Quizás la fábula borgeana ilustre sobre los “monstruos de la razón” en las edades racionalistas en que reinan el extravío y la información. Las palabras que el hombre emplea dejan de significar la realidad que vive. Solamente valen los significados que pueda escoger por sí mismo ; sólo es sensible a las relaciones internas que  las palabras descubren entre ellas y que remiten la atención de una a otra. Si estas relaciones son incompletas y deformadas, dan una visión “alucinada” de “lo real”. Llevadas al límite, predican la investigación científica como reflejo de un mundo parcelado, sin significado exterior a las palabras mismas, “sin afuera”. Desde este punto de vista, un mundo sin hombre (en su origen o en su final) no tendría sentido. Sería llevado como Melanchton por los “hombres sin cara” hacia los médanos, sería “como un sirviente de los demonios”.

Habitantes de un Cono Sur en cuyo geo-tiempo no deja de engendrar el futuro ni de parir la historia (como profesaban nuestros fundadores saintsimonianos y los profetas  positivistas fundadores del  Brasil moderno, como antes lo habían preanunciado los amautas y el Padre Lacunza o como fabulan las novelas futuristas y los teóricos del pensamiento “urdido”), vale recordar algunos movimientos milenaristas y su relación con la revolución independentista.

Desde llegada de los españoles, no faltaron en nuestras tierras quienes se proclamaron cristos y comenzaron a predicar la redención de los oprimidos por el conquistador.

En el canto XX de Argentina y Conquista del Río de la Plata de Martín del Barco Centenera se cuenta cómo “un indio llamado Oberá se intitulaba hijo de Dios y a un hijo suyo, Papa, y a otro emperador” y cómo fue reprimido por Juan de Garay. Sabemos que entre los clérigos de la conquista había algunos, discípulos de Joaquín di Fiore, que a salvo de la inquisición metropolitana y entusiasmados con el “hombre natural”, predicaban el advenimiento de una nueva edad, la del Espíritu Santo, en que los opresores (reyes, nobles, alta jerarquía eclasiástica) serían llevados a juicio y castigo y en que los humildes serían enaltecidos. Centenera echa la culpa a Martín Gonzálvez, “clérigo idiota”, falto de “musas”, por haber adoctrinado a Oberá “misterios altos, bellos,/ que al indio no se sufre tratar de ellos.” Gracias a estos sermones, el Paraguay estuvo mucho tiempo cercado  por “aqueste indio levantado”.
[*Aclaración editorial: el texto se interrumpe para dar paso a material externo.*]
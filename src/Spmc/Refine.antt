-- ===== src/Spmc/Refine.antt =====
-- A constructed `SPMCQueue` against the bounded queue, and its size.
use native.Mathlib.Nat.{mod-eq_of_lt, pow-le-pow_right}
use cpp_concurrency_toolbox.Base.{
  ℕ, ◌+◌, ◌*◌, ◌%◌, ◌^◌, ◌≤◌, ◌<◌, ◌≡◌, ◌↔◌, refl, Bool, true, List, [], length, arith, ap, ◌∙◌,
  sym, subst, ok, sub_size, eq-nil_of_length,
}
use cpp_concurrency_toolbox.Fifo.{Op, replies}
use cpp_concurrency_toolbox.Fifo.Client.{run, run_refines}
use cpp_concurrency_toolbox.Spmc.{Queue, new, size_approx, is_empty}
use cpp_concurrency_toolbox.Spmc.Start.{fresh_queue, new-Made, sequence-fresh, number_slots-storage}
use cpp_concurrency_toolbox.Spmc.Sequential.{Holds}
use cpp_concurrency_toolbox.Spmc.Pop.{Succeeds, implementation}

module _ {A : Type 0} where
  fresh-Holds : (k : ℕ) → 1 ≤ k → k ≤ 63 → Holds k (fresh_queue A k) []
  fresh-Holds k two small = record {
    two = two;
    small = small;
    capacity = refl;
    mask = refl;
    head_in = omega arith;
    tail_at = refl;
    room = omega arith;
    taken = λ i below. absurd (omega arith);
    objects = λ i below. absurd (omega arith);
    free = λ i from to.
        sequence-fresh A k two small (0 + i) ∙ mod-eq_of_lt (omega arith) ∙ omega (arith, bound);
    raw = λ i from to. number_slots-storage A (2 ^ k) ((0 + i) % 2 ^ k);
  }
    where
      bound : 2 ^ k ≤ 2 ^ 63
      bound = pow-le-pow_right {n = 2} (omega arith) small

  -- A constructed queue answers every sequence of `try_emplace` and `try_pop` of one thread as a
  -- first-in, first-out queue does whose bound is the request rounded up to a power of two, also when
  -- the positions have wrapped; each weak exchange may fail without cause as `weak` says, as long as
  -- one of them does not.
  pub new-run-replies :
      (requested : ℕ) {q : Queue A} (weak : List Bool) (ends : Succeeds weak) (ops : List (Op A))
      → new requested ≡ ok q
      → (k : ℕ) × (q.capacity ≡ 2 ^ k)
        × (requested ≤ 2 ^ k)
        × (2 ^ k < 2 * requested)
        × (run (implementation k weak ends) q ops ≡ replies (2 ^ k) [] ops)
  new-run-replies requested {q} weak ends ops made =
      let (k, two, small, reaches, least, e) = new-Made A requested made in
      (
        k,
        ap (λ r. r.capacity) e,
        reaches,
        least,
        run_refines (implementation k weak ends) ops q []
            (subst (λ r. Holds k r []) (sym e) (fresh-Holds k two small)),
      )

  -- For one thread `size_approx` is the number of elements, and `empty` says whether there are none,
  -- also when the tail has wrapped and the head has not.
  pub size-length :
      (k : ℕ) (q : Queue A) (xs : List A)
      → Holds k q xs
      → (size_approx q q ≡ length xs) × ((is_empty q q ≡ true) ↔ (xs ≡ []))
  unfolding size_approx is_empty
  size-length k q xs held = (
    size,
    (λ e. eq-nil_of_length xs (ground (arith, size)), λ e. ground (arith, size, ap length e)),
  )
    where
      size : sub_size q.tail q.head ≡ length xs
      size = omega (
        arith,
        held.tail_at,
        held.head_in,
        held.room,
        pow-le-pow_right {n = 2} (omega arith) held.small,
      )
Oberá, cuyo nombre significa resplandor, se proclama hijo de Dios “y concebido de virgen y que virgen lo ha parido”. El arcediano, acusado de ladrón, amancebamiento y otros pecados nada veniales, confiesa que le tiembla la mano cuando escribe esta historia porque  se ve obligado a  contar con precisión lo que decía aquel “que más que diablo en todo parecía”: “los indios comenzaron a seguillo/ por todas las comarcas do venía,/ atrajo mucha gente, así, de guerra/ con que daños hacía por la tierra”. Fue Oberá predicando “la tierra adentro” y , a su paso, no había indio que no siguiera su voz. Tras el “impío pregón” abandonan los “repartimientos” ( encomiendas donde eran explotados):  “la tierra se va toda levantando,/ no acude ya al servicio que solía,/ que libertad a todos prometía”.
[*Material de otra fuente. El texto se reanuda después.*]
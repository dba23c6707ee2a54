-- ===== src/Spmc/SizeHint.antt =====
-- `size_approx` and `empty` of `SPMCQueue` while the producer is between its two stores.
use native.Mathlib.Nat.{mod-eq_of_lt}
use cpp_concurrency_toolbox.Base.{
  ℕ, ◌+◌, ◌-◌, ◌^◌, ◌≤◌, ◌<◌, ◌≡◌, ◌⊎◌, refl, false, some, [], ◌∷◌, length, arith, ok, bit_and-mask,
  subst, ap, sym, ◌∙◌,
}
use cpp_concurrency_toolbox.Spmc.{Queue, slot_of, new, size_approx, is_empty}
use cpp_concurrency_toolbox.Spmc.Start.{fresh_queue, new-Made, capacity_pos, sequence-fresh}
use cpp_concurrency_toolbox.Spmc.Steps
use cpp_concurrency_toolbox.Spmc.Steps.{
  Producer, Consumer, System, by_producer, by_consumer, Reach, begun, then_step, Later, now, next,
}
use cpp_concurrency_toolbox.Spmc.Facts.{holds, lag}
use cpp_concurrency_toolbox.Spmc.Safety.{new-Inv, Produce-log, bounded_size}

module _ {A : Type 0} where
  lag-le : (p : Producer A) → lag p ≤ 1
  lag-le (Producer.published t) = omega arith
  lag-le Producer.idle = omega arith
  lag-le (Producer.loaded_tail t a) = omega arith
  lag-le (Producer.loaded_seq t seq a) = omega arith
  lag-le (Producer.constructed t a) = omega arith

  later-Reach :
      {m : Queue A} {s t : System A}
      → Reach m s
      → Later s t
      → Reach m t × (length s.log ≤ length t.log)
  later-Reach r now = (r, omega arith)
  later-Reach {s = s} r (next {t} l (by_producer st)) =
      let (reached, grown) = later-Reach r l in
      (then_step reached (by_producer st), omega (arith, grown, Produce-log st))
  later-Reach {s = s} r (next {t} l (by_consumer i st)) =
      let (reached, grown) = later-Reach r l in (then_step reached (by_consumer i st), grown)

  -- The queue is bounded, and what a call of `size_approx` returns that loads the head in `s` and the
  -- tail in `t`, the same state or a later one: with fewer than 2 ^ 63 - capacity elements published by
  -- then, the elements from the head on are at most as many as the slots; if both loads are made in one
  -- state while the producer is between calls the result is their number; and in general it is the
  -- distance from the one head to the other tail, which is at most the capacity and what was claimed
  -- between the two loads, or the head is one past the tail and it is 2 ^ 64 - 1.
  pub size_approx-bounds :
      (requested : ℕ) {m : Queue A} {s t : System A}
      → new requested ≡ ok m
      → length t.log + m.capacity < 2 ^ 63
      → Reach m s
      → Later s t
      → (length s.log ≤ s.mem.head + m.capacity)
        × (s.producer ≡ Producer.idle → s.mem.head + size_approx s.mem s.mem ≡ length s.log)
        × (((s.mem.head + size_approx s.mem t.mem ≡ t.mem.tail)
              × (s.mem.head + size_approx s.mem t.mem ≤ t.mem.head + m.capacity))
            ⊎ ((s.mem.head ≡ t.mem.tail + 1) × (size_approx s.mem t.mem ≡ 2 ^ 64 - 1)))
  unfolding size_approx
  size_approx-bounds requested {m} {s} {t} made few r l =
      let (reached, grown) = later-Reach r l in
      let (k, size, inv) = new-Inv requested made (omega arith) r in
      let (k', size', inv') = new-Inv requested made few reached in
      let (bounded, exact) = bounded_size requested made (omega arith) r in
      let (bounded', exact') = bounded_size requested made few reached in
      (
        bounded,
        exact,
        ground (arith, inv.slots.order, inv'.slots.order, inv'.tail_at, lag-le t.producer),
      )

module _ (A : Type 0) (k : ℕ) (two : 1 ≤ k) (small : k ≤ 63) where
  first_free : ((fresh_queue A k).slots (slot_of (fresh_queue A k) 0)).sequence ≡ 0
  first_free =
      ap (λ i. ((fresh_queue A k).slots i).sequence) (bit_and-mask k 0)
      ∙ sequence-fresh A k two small 0
      ∙ mod-eq_of_lt (capacity_pos A k two small)

  -- The producer has published `a` and not yet stored the tail, and consumer 0 has claimed it.
  early : A → (s : System A) × Reach (fresh_queue A k) s
  early a = (
    _,
    then_step
        (then_step
          (then_step
            (then_step
              (then_step
                (then_step (then_step begun (by_producer (Steps.load_tail a)))
                  (by_producer Steps.load_seq))
                (by_producer (Steps.build first_free)))
              (by_producer Steps.store_seq))
            (by_consumer 0 Steps.load_head))
          (by_consumer 0 Steps.load_seq))
        (by_consumer 0 (Steps.claim (ground arith) refl)),
  )

  early-wraps :
      (a : A)
      → (s : System A) × Reach (fresh_queue A k) s
        × (s.log ≡ a ∷ [])
        × (holds (s.consumers 0) ≡ some 0)
        × (size_approx s.mem s.mem ≡ 2 ^ 64 - 1)
        × (is_empty s.mem s.mem ≡ false)
  unfolding size_approx is_empty early
  early-wraps a = ((early a).0, (early a).1, refl, refl, refl, refl)

-- `size_approx` can return 2 ^ 64 - 1: for every request that the constructor accepts and every
-- element, the threads can reach a state in which only that element has been published, a consumer
-- has already claimed it, and, with both loads made there, `size_approx` returns 2 ^ 64 - 1 and `empty`
-- returns false.
pub size_approx-wraps :
    {A : Type 0} (requested : ℕ) {m : Queue A}
    → new requested ≡ ok m
    → (a : A)
    → (s : System A) × Reach m s
      × (s.log ≡ a ∷ [])
      × (holds (s.consumers 0) ≡ some 0)
      × (size_approx s.mem s.mem ≡ 2 ^ 64 - 1)
      × (is_empty s.mem s.mem ≡ false)
size_approx-wraps {A} requested {m} made a =
    let (k, two, small, reaches, least, e) = new-Made A requested made in
    subst
      (λ q.
        (s : System A) × Reach q s
        × (s.log ≡ a ∷ [])
        × (holds (s.consumers 0) ≡ some 0)
        × (size_approx s.mem s.mem ≡ 2 ^ 64 - 1)
        × (is_empty s.mem s.mem ≡ false))
      (sym e) (early-wraps A k two small a)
Todo milenarismo predica la libertad. La libertad significa negarse al trabajo forzado a que está condenado el oprimido y supone un mundo en que imperan la solidaridad y la fiesta. Según los explotadores, este nuevo tipo de organización trae el hambre y la escasez. ¿ No resuena en nosotros el discurso fallido de los “profetas del odio” de antes y ahora en las jeremíadas de Centenera? ¿No es esta quejosa octava del Siglo XVI el protoentimema de las predicciones que escuchamos todos los días en boca de analistas políticos y económicos cuando pontifican ( pontífices de puentes rotos) por televisión sobre la necesidad de “ahorrar sobre el hambre del pueblo”?: “Mandóles que cantasen y bailasen/ de suerte que otra cosa no hacían,/ y como los pobretos ya dejasen/ de sembrar y coger como solían,/ y sólo en los cantares se ocupasen, / en los bailes de hambre se morían,/ cantándoles loores y alabanzas/ del Oberá maldito y sus pujanzas”.
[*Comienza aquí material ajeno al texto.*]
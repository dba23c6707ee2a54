-- ===== src/Spmc/Solo.antt =====
-- `try_emplace` and `try_pop` of `SPMCQueue` as one caller sees them are runs of the steps that the
-- threads interleave: a whole call of the producer, and one of a consumer, with no step of another
-- thread in between.
use cpp_concurrency_toolbox.Base.{
  ℕ, ◌+◌, Bool, true, false, Option, none, some, List, ◌∷◌, if◌then◌else◌, wrap, update,
}
use cpp_concurrency_toolbox.Spmc.{Queue, slot_of, construct, set_sequence}
use cpp_concurrency_toolbox.Spmc.Steps.{Producer, Consumer, with_slot, Produce, Consume}
use cpp_concurrency_toolbox.Spmc.Steps

module _ {A : Type 0} where
  -- Steps of the producer alone, and of one consumer alone.
  pub data Produced (m : Queue A) (log : List A) (p : Producer A)
      : Queue A → List A → Producer A → Type 0 where
    now : Produced m log p m log p
    next :
        {m' m'' : Queue A} {log' log'' : List A} {p' p'' : Producer A}
        → Produced m log p m' log' p'
        → Produce m' log' p' m'' log'' p''
        → Produced m log p m'' log'' p''

  pub data Consumed (m : Queue A) (handed : ℕ → List A) (c : Consumer A)
      : Queue A → (ℕ → List A) → Consumer A → Type 0 where
    now : Consumed m handed c m handed c
    next :
        {m' m'' : Queue A} {handed' handed'' : ℕ → List A} {c' c'' : Consumer A}
        → Consumed m handed c m' handed' c'
        → Consume m' handed' c' m'' handed'' c''
        → Consumed m handed c m'' handed'' c''

  module _ (q : Queue A) (log : List A) (a : A) where
    abbrev seq : ℕ
    seq = (q.slots (slot_of q q.tail)).sequence

    abbrev accepted : Queue A
    accepted = record q {
      slots =
          update q.slots (slot_of q q.tail)
            (set_sequence (construct (q.slots (slot_of q q.tail)) a) (wrap (q.tail + 1)));
      tail = wrap (q.tail + 1);
    }

    abbrev emplace_outcome : Bool → Bool × Queue A
    emplace_outcome b = if b then (true, accepted) else (false, q)

  -- What is recorded as handed out for the position `h`.
  abbrev pub given : (ℕ → List A) → ℕ → Option A → ℕ → List A
  given handed h none = handed
  given handed h (some a) = update handed h (a ∷ handed h)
Por cierto, la siembra y la cosecha “que solían” no eran del indio, sino del encomendero. Se implanta así la idea de que los pueblos deben cumplir las disposiciones del amo porque sólo la explotación garantiza su subsistencia. Pero los pueblos, en los grandes movimientos populares, no sólo se rebelan por una demanda, sino que su lucha es una lucha por el poder. Y su discurso no es el del trabajo forzado, sino el de la solidaridad que se define como fiesta: canto, baile, risa. El mundo cambia, se transforma, todo es un rito de transmutación.        

Lo sagrado irrumpe de otro modo y el nombre de las personas y las cosas cambian porque, en la nueva situación de discurso, son portadores de un nuevo sentido: “Aqueste es el que viene baptizando/ y los nombres a todos trasmutando”. Hasta los mestizos se convierten en seguidores de Oberá, “aquel maldito indio y endiablado”.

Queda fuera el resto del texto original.